Über das Babij-Jar-Museum wird seit mehr als einem Jahr gesprochen. Es gab viele Ideen, aber keine davon konnte überhaupt auf die Ebene der Konzeptentwicklung gebracht werden. Alles änderte sich im Jahr 2016, als fast gleichzeitig das staatliche ukrainische Projekt zur Gedenkstätte für dieses Territorium ins Leben gerufen wurde und die Initiative russischer Geschäftsleute jüdischer Herkunft, die bereit sind, 100 Millionen US-Dollar in die Schaffung des Museums in Babij Jar zu investieren. Beide Projekte werfen viele Fragen auf, von denen wir einige mit dem Dissidenten und ehemaligen politischen Gefangenen, dem Mitglied der ukrainischen Helsinki-Gruppe und jetzt Co-Präsidenten des Verbandes jüdischer Organisationen und Gemeinschaften (Vaad) der Ukraine, Iossif Sissels [Jossif/Josef Sissels], diskutiert haben.
Iossif, kann man sagen, dass das Auftauchen russischer Geschäftsleute das Ergebnis von fast 30 Jahren Untätigkeit des ukrainischen Staates und seiner jüdischen Gemeinde auf dem Gebiet der Erinnerung an die Tragödie von Babij Jar ist?

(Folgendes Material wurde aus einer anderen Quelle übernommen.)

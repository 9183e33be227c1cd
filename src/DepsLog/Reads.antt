-- ===== src/DepsLog/Reads.antt =====
-- A stretch of the file that takes the reader from one state to another, whatever follows it.
use siso.Common.{
  ℕ, suc, ◌+◌, ◌-◌, ◌≤◌, ◌<◌, ◌≡◌, refl, ◌∙◌, Bool, false, [], ◌++◌, append_assoc, append-nil,
  Bytes, length, length-append, arith,
}
use siso.DepsLog.Reader.{
  ReadState, next, stop, read_step, finished, read_loop, start, finish_load, load_records, loaded,
}

pub record Reads (body : Bytes) (st st' : ReadState) : Type 0 where
  pub rounds : ℕ
  pub few : rounds ≤ length body
  pub runs :
      (fuel : ℕ) (rest : Bytes)
      → read_loop (rounds + fuel) (body ++ rest) st ≡ read_loop fuel rest st'

pub Reads-nil : (st : ReadState) → Reads [] st st
Reads-nil st = record {
  rounds = 0;
  few = omega arith;
  runs = λ fuel rest. let e : 0 + fuel ≡ fuel = omega arith in rw e refl;
}

pub Reads-step :
    (body : Bytes) (st st' : ReadState)
    → 0 < length body
    → ((rest : Bytes) → read_step (body ++ rest) st ≡ next rest st')
    → Reads body st st'
unfolding read_loop
Reads-step body st st' pos h = record {
  rounds = 1;
  few = omega arith;
  runs = λ fuel rest. let e : 1 + fuel ≡ suc fuel = omega arith in rw (e, read_loop, h rest) refl;
}

pub Reads-append :
    (a b : Bytes) (s t u : ReadState) → Reads a s t → Reads b t u → Reads (a ++ b) s u
Reads-append a b s t u p q = record {
  rounds = p.rounds + q.rounds;
  few = omega (arith, p.few, q.few, length-append a b);
  runs = λ fuel rest.
      let e : p.rounds + q.rounds + fuel ≡ p.rounds + (q.rounds + fuel) = omega arith in
      rw (e, append_assoc a b rest) (p.runs (q.rounds + fuel) (b ++ rest) ∙ q.runs fuel rest);
}

read_loop-stop :
    (fuel : ℕ) (tail : Bytes) (st : ReadState) (broken : Bool)
    → read_step tail st ≡ stop broken st
    → read_loop (suc fuel) tail st ≡ finished broken st
unfolding read_loop
read_loop-stop fuel tail st broken h = rw (read_loop, h) refl

-- The fuel that `load_records` gives is enough.
read_loop-Reads :
    (body tail : Bytes) (st : ReadState) (broken : Bool)
    → Reads body start st
    → read_step tail st ≡ stop broken st
    → read_loop (suc (length (body ++ tail))) (body ++ tail) start ≡ finished broken st
read_loop-Reads body tail st broken r h =
    let left = length (body ++ tail) - r.rounds in
    let e : suc (length (body ++ tail)) ≡ r.rounds + suc left =
      omega (arith, r.few, length-append body tail) in
    rw e (r.runs (suc left) tail ∙ read_loop-stop left tail st broken h)

-- The result where the reader gets through `body` and stops at `tail`.
pub load_records-stop :
    (file body tail : Bytes) (st : ReadState) (broken : Bool)
    → Reads body start st
    → read_step tail st ≡ stop broken st
    → load_records file (body ++ tail) ≡ loaded (finish_load file broken st)
unfolding load_records
load_records-stop file body tail st broken r h =
    rw (load_records, read_loop-Reads body tail st broken r h) refl

-- A body that the reader gets through is read to its end.
pub load_records-Reads :
    (file body : Bytes) (st : ReadState)
    → Reads body start st
    → load_records file body ≡ loaded (finish_load file false st)
load_records-Reads file body st r =
    rw append-nil at (load_records-stop file body [] st false r (unfold read_step in refl))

Wenn es nur darum ging, die Erinnerung an die Opfer von Babij Jar aufrechtzuerhalten, könnte man den Behörden Vorurteile vorwerfen. Aber da sich der Staat in absolut allen Bereichen auf die gleiche inkonsequente und widersprüchliche Weise bewegt – zwei Schritte vorwärts, einen Schritt zurück -, sehe ich darin keine böse Absicht. Die Ukraine entwickelt sich in allen Richtungen langsam, aber das ist ihr natürliches Tempo – ob wir es wollen oder nicht.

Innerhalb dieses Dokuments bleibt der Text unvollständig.